Saturday 18 August 2012

SM4CC SERIES: REFUSE DUMPS TO GARBAGE ISLANDS

The above picture represents all the farewell or welcome I receive leaving or entering the building I live in. This, this eyesore, has being a constant source of worry and all efforts put in to rectify this have been frustrated – the extra trash bins have not been provided neither have the LAWMA officials increased their pick up rounds. Any time I see the above, the pictures, I make a deliberate and conscious effort not to be sad. Haba!

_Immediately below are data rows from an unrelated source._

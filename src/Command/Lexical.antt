-- ===== src/Command/Lexical.antt =====
-- companion/internal/cmdrule/cmdrule.go: the textual test of outsideWorkspace against the words of
-- the paths.
use mathlib.Core.Bool.{true≢false}
use mathlib.Core.List.{append-nil, append_assoc, reverse}
use fylane.Common.{
  ◌≡◌, refl, sym, ap, ◌∙◌, subst, ◌≢◌, ◌↔◌, inl, inr, true, false, List, [], ◌∷◌, ◌++◌, some,
  if◌then◌else◌, All, Bool-cases, ◌==◌, ==→eq, ==-refl, ne→==, arith,
}
use fylane.Common.Text.{Text, text_beq, text_eq, split_on, has_prefix, has_prefix-append}
use fylane.Common.Paths.{slash, is_abs, join_words, join, clean, walk, push_word}
use fylane.Common.Paths.Split.{split_on-join_words, split_on-append, has_prefix→, join_words-append}
use fylane.Common.Paths.Walk.{
  IsPlain, rooted_path, landing, landing-IsPlain, clean_rooted, clean-rooted_path, is_abs-slash,
  All-NoSlash, walk-append,
}
use fylane.Command.Line.{Cmdline, abs, outside_workspace, is_outside}

-- The words `ws` begin with the words of the root.
abbrev pub Under : List Text → List Text → Type 0
Under rs ws = (rest : List Text) × (ws ≡ rs ++ rest)

words : (ws : List Text) → ws ≢ [] → All IsPlain ws → split_on slash (join_words ws) ≡ ws
words ws n p = split_on-join_words ws n (All-NoSlash ws p)

-- Plain words are not empty.
head_not_empty : (w : Text) (ws vs : List Text) → IsPlain w → [] ∷ vs ≢ w ∷ ws
unfolding text_beq
head_not_empty w ws vs p e =
    let same : [] ≡ w = cc in true≢false (ap (λ (t : Text). text_beq t []) same ∙ p.some_byte)

rooted-eq :
    (rs ws : List Text)
    → rs ≢ []
    → All IsPlain rs
    → All IsPlain ws
    → rooted_path ws ≡ rooted_path rs
    → ws ≡ rs
unfolding join_words split_on
rooted-eq [] ws n pr pw e = absurd (n refl)
rooted-eq (r ∷ rs) [] n pr pw e =
    let f : [] ≡ join_words (r ∷ rs) = cc in
    absurd (head_not_empty r rs [] pr.0 (ap (split_on slash) f ∙ words (r ∷ rs) n pr))
rooted-eq (r ∷ rs) (w ∷ ws) n pr pw e =
    let f : join_words (w ∷ ws) ≡ join_words (r ∷ rs) = cc in
    sym (words (w ∷ ws) (λ q. cc) pw) ∙ ap (split_on slash) f ∙ words (r ∷ rs) n pr

-- A path that goes on behind the root and a slash goes on with words behind the root's.
goes_on :
    (rs ws : List Text) (t : Text)
    → rs ≢ []
    → All IsPlain rs
    → All IsPlain ws
    → join_words ws ≡ join_words rs ++ slash ∷ t
    → ws ≡ rs ++ split_on slash t
unfolding join_words split_on
goes_on rs (w ∷ ws) t n pr pw e =
    sym (words (w ∷ ws) (λ q. cc) pw)
    ∙ ap (split_on slash) e
    ∙ split_on-append (join_words rs) t
    ∙ ap (λ (v : List Text). v ++ split_on slash t) (words rs n pr)
goes_on [] [] t n pr pw e = absurd (n refl)
goes_on (r ∷ rs) [] t n pr pw e = absurd (
    head_not_empty r (rs ++ split_on slash t) [] pr.0 (
      ap (split_on slash) e
      ∙ split_on-append (join_words (r ∷ rs)) t
      ∙ ap (λ (v : List Text). v ++ split_on slash t) (words (r ∷ rs) n pr)))

inside→Under :
    (rs ws : List Text)
    → rs ≢ []
    → All IsPlain rs
    → All IsPlain ws
    → is_outside (rooted_path rs) (some (rooted_path ws)) ≡ false
    → Under rs ws
inside→Under rs ws n pr pw h = elim (Bool-cases (rooted_path ws == rooted_path rs)) [
  | inl a ↦ (
    [],
    rooted-eq rs ws n pr pw (==→eq (rooted_path ws) (rooted_path rs) a) ∙ sym (append-nil rs),
  )
  | inr a ↦
      let b : has_prefix (rooted_path ws) (rooted_path rs ++ slash ∷ []) ≡ true = ground arith in
      let (t, e) = has_prefix→ (rooted_path ws) (rooted_path rs ++ slash ∷ []) b in
      let f : join_words ws ≡ join_words rs ++ slash ∷ t =
        cc (append_assoc (join_words rs) (slash ∷ []) t) in
      (split_on slash t, goes_on rs ws t n pr pw f)
]

Under→inside :
    (rs ws : List Text)
    → rs ≢ []
    → Under rs ws
    → is_outside (rooted_path rs) (some (rooted_path ws)) ≡ false
Under→inside rs ws n ([], e) =
    let same : ws ≡ rs = e ∙ append-nil rs in rw same (rw (==-refl (rooted_path rs)))
Under→inside rs ws n (v ∷ vs, e) =
    let f : rooted_path (rs ++ v ∷ vs) ≡ (rooted_path rs ++ slash ∷ []) ++ join_words (v ∷ vs) =
      ap (◌∷◌ slash) (
        join_words-append rs (v ∷ vs) n (λ q. cc)
        ∙ sym (append_assoc (join_words rs) (slash ∷ []) (join_words (v ∷ vs)))) in
    let g : has_prefix (rooted_path (rs ++ v ∷ vs)) (rooted_path rs ++ slash ∷ []) ≡ true =
      rw f (has_prefix-append (rooted_path rs ++ slash ∷ []) (join_words (v ∷ vs))) in
    rw e (ground arith)

-- Where an argument leads, as words from the file system's root: from the top for an absolute
-- one, else from the working directory, which lies under the workspace.
abbrev pub target : List Text → Text → Text → List Text
target rs dir arg =
    if is_abs arg
    then landing (split_on slash arg)
    else landing (rs ++ split_on slash dir ++ split_on slash arg)

landing_empty : (ws : List Text) → landing ([] ∷ ws) ≡ landing ws
unfolding walk text_beq
landing_empty ws = refl

split_on-slash : (t : Text) → split_on slash (slash ∷ t) ≡ [] ∷ split_on slash t
unfolding split_on
split_on-slash t = refl

abs_absolute :
    (c : Cmdline) (arg : Text)
    → c.req.root ≢ []
    → is_abs arg ≡ true
    → abs c arg ≡ some (rooted_path (landing (split_on slash arg)))
unfolding abs is_abs text_beq
abs_absolute c arg m h =
    let (t, e) = has_prefix→ arg (slash ∷ []) h in
    rw (e, ne→== c.req.root [] m, is_abs-slash t, split_on-slash t, landing_empty, clean_rooted)
      refl

-- The words of a path that goes on behind the root.
split_behind :
    (rs : List Text) (t : Text)
    → rs ≢ []
    → All IsPlain rs
    → split_on slash (join_words rs ++ slash ∷ t) ≡ rs ++ split_on slash t
split_behind rs t m p =
    split_on-append (join_words rs) t ∙ ap (λ (v : List Text). v ++ split_on slash t) (words rs m p)

-- An empty word between others changes no landing.
landing_skip : (rs ws : List Text) → landing (rs ++ [] ∷ ws) ≡ landing (rs ++ ws)
unfolding push_word walk text_beq
landing_skip rs ws = ap reverse (walk-append true [] rs ([] ∷ ws) ∙ sym (walk-append true [] rs ws))

clean_behind :
    (rs : List Text) (t : Text)
    → rs ≢ []
    → All IsPlain rs
    → clean (rooted_path rs ++ slash ∷ t) ≡ rooted_path (landing (rs ++ split_on slash t))
clean_behind rs t m p =
    clean_rooted (join_words rs ++ slash ∷ t)
    ∙ ap (λ (v : List Text). rooted_path (landing v)) (split_behind rs t m p)

join_root :
    (rs : List Text) (dir arg : Text)
    → arg ≢ []
    → rs ≢ []
    → All IsPlain rs
    → join (rooted_path rs ∷ dir ∷ arg ∷ [])
      ≡ rooted_path (landing (rs ++ split_on slash dir ++ split_on slash arg))
unfolding join text_beq split_on
join_root rs dir [] n m p = absurd (n refl)
join_root rs [] (a ∷ arg) n m p =
    clean_behind rs (a ∷ arg) m p
    ∙ ap rooted_path (
        sym (landing_skip rs (split_on slash (a ∷ arg)))
        ∙ ap landing (sym (append_assoc rs ([] ∷ []) (split_on slash (a ∷ arg)))))
join_root rs (d ∷ dir) (a ∷ arg) n m p =
    clean_behind rs ((d ∷ dir) ++ slash ∷ (a ∷ arg)) m p
    ∙ ap (λ (v : List Text). rooted_path (landing v))
        (ap (λ (v : List Text). rs ++ v) (split_on-append (d ∷ dir) (a ∷ arg))
          ∙ sym (append_assoc rs (split_on slash (d ∷ dir)) (split_on slash (a ∷ arg))))

-- The words of the joined path are plain, so cleaning it again changes nothing.
landing_behind-IsPlain :
    (rs : List Text) (dir arg : Text)
    → rs ≢ []
    → All IsPlain rs
    → All IsPlain (landing (rs ++ split_on slash dir ++ split_on slash arg))
landing_behind-IsPlain rs dir arg m p =
    subst (λ (v : List Text). All IsPlain (landing v))
      (split_behind rs (dir ++ slash ∷ arg) m p
        ∙ ap (λ (v : List Text). rs ++ v) (split_on-append dir arg)
        ∙ sym (append_assoc rs (split_on slash dir) (split_on slash arg)))
      (landing-IsPlain (join_words rs ++ slash ∷ (dir ++ slash ∷ arg)))

abs_relative :
    (c : Cmdline) (rs : List Text) (arg : Text)
    → arg ≢ []
    → rs ≢ []
    → All IsPlain rs
    → c.req.root ≡ rooted_path rs
    → is_abs arg ≡ false
    → abs c arg
      ≡ some (rooted_path (landing (rs ++ split_on slash c.req.dir ++ split_on slash arg)))
unfolding abs
abs_relative c rs arg n m p e h =
    let root_some : (rooted_path rs == []) ≡ false = ne→== (rooted_path rs) [] (λ q. cc) in
    rw (e, root_some, ne→== arg [] n, h)
      (ap some (
        ap clean (join_root rs c.req.dir arg n m p)
        ∙ clean-rooted_path (landing (rs ++ split_on slash c.req.dir ++ split_on slash arg))
            (landing_behind-IsPlain rs c.req.dir arg m p)))

abs-target :
    (c : Cmdline) (rs : List Text) (arg : Text)
    → arg ≢ []
    → rs ≢ []
    → All IsPlain rs
    → c.req.root ≡ rooted_path rs
    → (abs c arg ≡ some (rooted_path (target rs c.req.dir arg)))
      × All IsPlain (target rs c.req.dir arg)
abs-target c rs arg n m p e = elim (Bool-cases (is_abs arg)) [
  | inl h ↦ rw h (abs_absolute c arg (λ q. cc) h, landing-IsPlain arg)
  | inr h ↦ rw h (abs_relative c rs arg n m p e h, landing_behind-IsPlain rs c.req.dir arg m p)
]

-- For a workspace root of plain words, the textual test says that a non-empty argument stays in
-- the workspace exactly when the words that it leads to, with each `..` resolved, begin with the
-- words of the root.
pub outside_workspace_iff :
    (c : Cmdline) (rs : List Text) (arg : Text)
    → arg ≢ []
    → rs ≢ []
    → All IsPlain rs
    → c.req.root ≡ rooted_path rs
    → (outside_workspace c arg ≡ false) ↔ Under rs (target rs c.req.dir arg)
unfolding outside_workspace
outside_workspace_iff c rs arg n m p e =
    let (a, plain) = abs-target c rs arg n m p e in
    rw (a, e)
      (
        inside→Under rs (target rs c.req.dir arg) m p plain,
        Under→inside rs (target rs c.req.dir arg) m,
      )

What does it take for the LAWMA officials to have a number or something which Lagosians can call as soon as they have sufficient trash? Why wait for their bi-weekly runs? Two weeks is a long time to leave refuse lying around, especially for a state like Lagos, where the rain comes, our drainages get blocked and then, flooding. Which reminds me, please let’s stop clearing our drainages (gutters) and then leave the waste by the roadside.
Going around my neighborhood, such heaps exist everywhere. Hence, I have often tried to imagine if other residents are faced with the same situation and complained as often as I have to no avail. Now, try and imagine if this is the situation in some areas of Lagos, it is a recipe for disaster. Please, effective and prompt disposal of waste would go a long way in avoiding/fighting floods.
It’s such a relief I’ve being able to put this out there, thanks to an article I came across sometime in the past month. The write up spoke about the Great Pacific Garbage Patch, which somehow I have never heard about but brought to mind the floating debris I see on the Lagoon whenever I’m on the Third Mainland Bridge.
Of course, I got online and read as much as I could, a link to a short and educative read is below, and found out there’s an Atlantic Garbage Patch too. I don’t know if it is a good thing or not that for now, it is on the North Atlantic i.e. around America, Cuba etc. All I know is attention needs to be paid to this. Why?
I mentioned noticing smaller garbage patches on the Lagos Lagoon earlier, I don’t know too much of geography but I do know that the Lagoon empties into the Atlantic Ocean via the Lagos Harbor.  It isn’t too much of a stretch to say the all that garbage empties into the Atlantic, is it? It is a post for another day but early findings and investigations show that, waste management in Lagos isn’t “all that”, what is done with all the waste? Where does it go?